WHAT YOU ARE ASKED TO DO:
Write out the listing in full, matching it word for word.

MATERIAL SHOWN:
-- ===== src/Acp/SessionList/Ids.antt =====
-- The ids of the sessions that were collected.
use acp_hub.Base.{
  ◌≡◌, refl, sym, subst, ◌∙◌, Bool, true, false, ◌||◌, List, [], ◌∷◌, ◌++◌, String, ◌==◌, string_eq,
  ==_refl, ==_iff, arith, All, Bool-cases, inl, inr,
}
use acp_hub.Acp.SessionList.{contains, add_sessions}

-- The pages one after the other.
abbrev pub concat : {I : Type 0} → List (List I) → List I
concat [] = []
concat (page ∷ pages) = page ++ concat pages

module _ {I : Type 0} (session_id : I → String) where
  abbrev pub has_id : String → List I → Bool
  has_id id [] = false
  has_id id (a ∷ more) = session_id a == id || has_id id more

  abbrev pub DistinctIds : List I → Type 0
  DistinctIds [] = Unit
  DistinctIds (a ∷ more) = (has_id (session_id a) more ≡ false) × DistinctIds more

  pub has_id-append :
      (id : String) (xs ys : List I) → has_id id (xs ++ ys) ≡ (has_id id xs || has_id id ys)
  has_id-append id [] ys = refl
  has_id-append id (a ∷ xs) ys = let ih = has_id-append id xs ys in ground (arith, ih)

  DistinctIds-last :
      (xs : List I) (a : I)
      → DistinctIds xs
      → has_id (session_id a) xs ≡ false
      → DistinctIds (xs ++ (a ∷ []))
  DistinctIds-last [] a d h = (refl, tt)
  DistinctIds-last (x ∷ xs) a d h =
      let e = has_id-append (session_id x) xs (a ∷ []) in
      let first = d.0 in
      let p = ==_iff (session_id a) (session_id x) in
      let q = ==_iff (session_id x) (session_id a) in
      (ground (arith, e, h, first, p, q), DistinctIds-last xs a d.1 (ground (arith, h)))

  pub add_sessions-append :
      (sessions : List I) (seen : List String) (xs ys : List I)
      → add_sessions session_id sessions seen (xs ++ ys) ≡ (
          let added = add_sessions session_id sessions seen xs in
          add_sessions session_id added.0 added.1 ys)
  unfolding add_sessions
  add_sessions-append sessions seen [] ys = refl
  add_sessions-append sessions seen (a ∷ xs) ys = elim (Bool-cases (contains (session_id a) seen)) [
    | inl known ↦ rw known (add_sessions-append sessions seen xs ys)
    | inr fresh ↦ rw fresh (add_sessions-append (sessions ++ (a ∷ [])) (session_id a ∷ seen) xs ys)
  ]

  -- The ids seen are those of the sessions, which differ.
  pub record IsSeen (state : List I × List String) : Type 0 where
    pub same : (id : String) → contains id state.1 ≡ has_id id state.0
    pub distinct : DistinctIds state.0

  pub nil-IsSeen : IsSeen ([], [])
  unfolding contains
  nil-IsSeen = record { same = λ id. refl; distinct = tt }

  IsSeen-append :
      (sessions : List I) (seen : List String) (a : I)
      → IsSeen (sessions, seen)
      → contains (session_id a) seen ≡ false
      → IsSeen (sessions ++ (a ∷ []), session_id a ∷ seen)
  unfolding contains
  IsSeen-append sessions seen a v fresh = record {
    same = λ id.
        let e = has_id-append id sessions (a ∷ []) in let f = v.same id in ground (arith, e, f);
    distinct = DistinctIds-last sessions a v.distinct (sym (v.same (session_id a)) ∙ fresh);
  }

  add_known :
      (sessions : List I) (seen : List String) (a : I) (page : List I)
      → contains (session_id a) seen ≡ true
      → add_sessions session_id sessions seen (a ∷ page)
        ≡ add_sessions session_id sessions seen page
  unfolding add_sessions
  add_known sessions seen a page known = rw known refl

  add_fresh :
      (sessions : List I) (seen : List String) (a : I) (page : List I)
      → contains (session_id a) seen ≡ false
      → add_sessions session_id sessions seen (a ∷ page)
        ≡ add_sessions session_id (sessions ++ (a ∷ [])) (session_id a ∷ seen) page
  unfolding add_sessions
  add_fresh sessions seen a page fresh = rw fresh refl

  -- A session and the rest of its page are there.
  abbrev Shows : I → List I → List I × List String → Type 0
  Shows a page out =
      (has_id (session_id a) out.0 ≡ true) × All (λ b. has_id (session_id b) out.0 ≡ true) page

  pub add_sessions-IsSeen :
      (sessions : List I) (seen : List String) (page : List I)
      → IsSeen (sessions, seen)
      → IsSeen (add_sessions session_id sessions seen page)
  unfolding add_sessions contains
  add_sessions-IsSeen sessions seen [] v = v
  add_sessions-IsSeen sessions seen (a ∷ page) v =
      elim (Bool-cases (contains (session_id a) seen)) [
        | inl known ↦ rw known (add_sessions-IsSeen sessions seen page v)
        | inr fresh ↦ rw fresh (
            add_sessions-IsSeen (sessions ++ (a ∷ [])) (session_id a ∷ seen) page
              (IsSeen-append sessions seen a v fresh))
      ]

  add_sessions-keeps :
      (id : String) (sessions : List I) (seen : List String) (page : List I)
      → has_id id sessions ≡ true
      → has_id id (add_sessions session_id sessions seen page).0 ≡ true
  unfolding add_sessions
  add_sessions-keeps id sessions seen [] h = h
  add_sessions-keeps id sessions seen (a ∷ page) h =
      elim (Bool-cases (contains (session_id a) seen)) [
        | inl known ↦ rw known (add_sessions-keeps id sessions seen page h)
        | inr fresh ↦
            let e = has_id-append id sessions (a ∷ []) in
            rw fresh (
              add_sessions-keeps id (sessions ++ (a ∷ [])) (session_id a ∷ seen) page
                (ground (arith, e, h)))
      ]

  -- Every session of a page is there, by its id.
  pub add_sessions-All :
      (sessions : List I) (seen : List String) (page : List I)
      → IsSeen (sessions, seen)
      → All (λ a. has_id (session_id a) (add_sessions session_id sessions seen page).0 ≡ true) page
  add_sessions-All sessions seen [] v = tt
  add_sessions-All sessions seen (a ∷ page) v = elim (Bool-cases (contains (session_id a) seen)) [
    | inl known ↦ subst (Shows a page) (sym (add_known sessions seen a page known)) (
      add_sessions-keeps (session_id a) sessions seen page (sym (v.same (session_id a)) ∙ known),
      add_sessions-All sessions seen page v,
    )
    | inr fresh ↦
        let e = has_id-append (session_id a) sessions (a ∷ []) in
        let own = ==_refl (session_id a) in
        subst (Shows a page) (sym (add_fresh sessions seen a page fresh)) (
          add_sessions-keeps (session_id a) (sessions ++ (a ∷ [])) (session_id a ∷ seen) page
              (ground (arith, e, own)),
          add_sessions-All (sessions ++ (a ∷ [])) (session_id a ∷ seen) page
              (IsSeen-append sessions seen a v fresh),
        )
  ]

RESULT OF THE TASK:
-- ===== src/Acp/SessionList/Ids.antt =====
-- The ids of the sessions that were collected.
use acp_hub.Base.{
  ◌≡◌, refl, sym, subst, ◌∙◌, Bool, true, false, ◌||◌, List, [], ◌∷◌, ◌++◌, String, ◌==◌, string_eq,
  ==_refl, ==_iff, arith, All, Bool-cases, inl, inr,
}
use acp_hub.Acp.SessionList.{contains, add_sessions}

-- The pages one after the other.
abbrev pub concat : {I : Type 0} → List (List I) → List I
concat [] = []
concat (page ∷ pages) = page ++ concat pages

module _ {I : Type 0} (session_id : I → String) where
  abbrev pub has_id : String → List I → Bool
  has_id id [] = false
  has_id id (a ∷ more) = session_id a == id || has_id id more

  abbrev pub DistinctIds : List I → Type 0
  DistinctIds [] = Unit
  DistinctIds (a ∷ more) = (has_id (session_id a) more ≡ false) × DistinctIds more

  pub has_id-append :
      (id : String) (xs ys : List I) → has_id id (xs ++ ys) ≡ (has_id id xs || has_id id ys)
  has_id-append id [] ys = refl
  has_id-append id (a ∷ xs) ys = let ih = has_id-append id xs ys in ground (arith, ih)

  DistinctIds-last :
      (xs : List I) (a : I)
      → DistinctIds xs
      → has_id (session_id a) xs ≡ false
      → DistinctIds (xs ++ (a ∷ []))
  DistinctIds-last [] a d h = (refl, tt)
  DistinctIds-last (x ∷ xs) a d h =
      let e = has_id-append (session_id x) xs (a ∷ []) in
      let first = d.0 in
      let p = ==_iff (session_id a) (session_id x) in
      let q = ==_iff (session_id x) (session_id a) in
      (ground (arith, e, h, first, p, q), DistinctIds-last xs a d.1 (ground (arith, h)))

  pub add_sessions-append :
      (sessions : List I) (seen : List String) (xs ys : List I)
      → add_sessions session_id sessions seen (xs ++ ys) ≡ (
          let added = add_sessions session_id sessions seen xs in
          add_sessions session_id added.0 added.1 ys)
  unfolding add_sessions
  add_sessions-append sessions seen [] ys = refl
  add_sessions-append sessions seen (a ∷ xs) ys = elim (Bool-cases (contains (session_id a) seen)) [
    | inl known ↦ rw known (add_sessions-append sessions seen xs ys)
    | inr fresh ↦ rw fresh (add_sessions-append (sessions ++ (a ∷ [])) (session_id a ∷ seen) xs ys)
  ]

  -- The ids seen are those of the sessions, which differ.
  pub record IsSeen (state : List I × List String) : Type 0 where
    pub same : (id : String) → contains id state.1 ≡ has_id id state.0
    pub distinct : DistinctIds state.0

  pub nil-IsSeen : IsSeen ([], [])
  unfolding contains
  nil-IsSeen = record { same = λ id. refl; distinct = tt }

  IsSeen-append :
      (sessions : List I) (seen : List String) (a : I)
      → IsSeen (sessions, seen)
      → contains (session_id a) seen ≡ false
      → IsSeen (sessions ++ (a ∷ []), session_id a ∷ seen)
  unfolding contains
  IsSeen-append sessions seen a v fresh = record {
    same = λ id.
        let e = has_id-append id sessions (a ∷ []) in let f = v.same id in ground (arith, e, f);
    distinct = DistinctIds-last sessions a v.distinct (sym (v.same (session_id a)) ∙ fresh);
  }

  add_known :
      (sessions : List I) (seen : List String) (a : I) (page : List I)
      → contains (session_id a) seen ≡ true
      → add_sessions session_id sessions seen (a ∷ page)
        ≡ add_sessions session_id sessions seen page
  unfolding add_sessions
  add_known sessions seen a page known = rw known refl

  add_fresh :
      (sessions : List I) (seen : List String) (a : I) (page : List I)
      → contains (session_id a) seen ≡ false
      → add_sessions session_id sessions seen (a ∷ page)
        ≡ add_sessions session_id (sessions ++ (a ∷ [])) (session_id a ∷ seen) page
  unfolding add_sessions
  add_fresh sessions seen a page fresh = rw fresh refl

  -- A session and the rest of its page are there.
  abbrev Shows : I → List I → List I × List String → Type 0
  Shows a page out =
      (has_id (session_id a) out.0 ≡ true) × All (λ b. has_id (session_id b) out.0 ≡ true) page

  pub add_sessions-IsSeen :
      (sessions : List I) (seen : List String) (page : List I)
      → IsSeen (sessions, seen)
      → IsSeen (add_sessions session_id sessions seen page)
  unfolding add_sessions contains
  add_sessions-IsSeen sessions seen [] v = v
  add_sessions-IsSeen sessions seen (a ∷ page) v =
      elim (Bool-cases (contains (session_id a) seen)) [
        | inl known ↦ rw known (add_sessions-IsSeen sessions seen page v)
        | inr fresh ↦ rw fresh (
            add_sessions-IsSeen (sessions ++ (a ∷ [])) (session_id a ∷ seen) page
              (IsSeen-append sessions seen a v fresh))
      ]

  add_sessions-keeps :
      (id : String) (sessions : List I) (seen : List String) (page : List I)
      → has_id id sessions ≡ true
      → has_id id (add_sessions session_id sessions seen page).0 ≡ true
  unfolding add_sessions
  add_sessions-keeps id sessions seen [] h = h
  add_sessions-keeps id sessions seen (a ∷ page) h =
      elim (Bool-cases (contains (session_id a) seen)) [
        | inl known ↦ rw known (add_sessions-keeps id sessions seen page h)
        | inr fresh ↦
            let e = has_id-append id sessions (a ∷ []) in
            rw fresh (
              add_sessions-keeps id (sessions ++ (a ∷ [])) (session_id a ∷ seen) page
                (ground (arith, e, h)))
      ]

  -- Every session of a page is there, by its id.
  pub add_sessions-All :
      (sessions : List I) (seen : List String) (page : List I)
      → IsSeen (sessions, seen)
      → All (λ a. has_id (session_id a) (add_sessions session_id sessions seen page).0 ≡ true) page
  add_sessions-All sessions seen [] v = tt
  add_sessions-All sessions seen (a ∷ page) v = elim (Bool-cases (contains (session_id a) seen)) [
    | inl known ↦ subst (Shows a page) (sym (add_known sessions seen a page known)) (
      add_sessions-keeps (session_id a) sessions seen page (sym (v.same (session_id a)) ∙ known),
      add_sessions-All sessions seen page v,
    )
    | inr fresh ↦
        let e = has_id-append (session_id a) sessions (a ∷ []) in
        let own = ==_refl (session_id a) in
        subst (Shows a page) (sym (add_fresh sessions seen a page fresh)) (
          add_sessions-keeps (session_id a) (sessions ++ (a ∷ [])) (session_id a ∷ seen) page
              (ground (arith, e, own)),
          add_sessions-All (sessions ++ (a ∷ [])) (session_id a ∷ seen) page
              (IsSeen-append sessions seen a v fresh),
        )
  ]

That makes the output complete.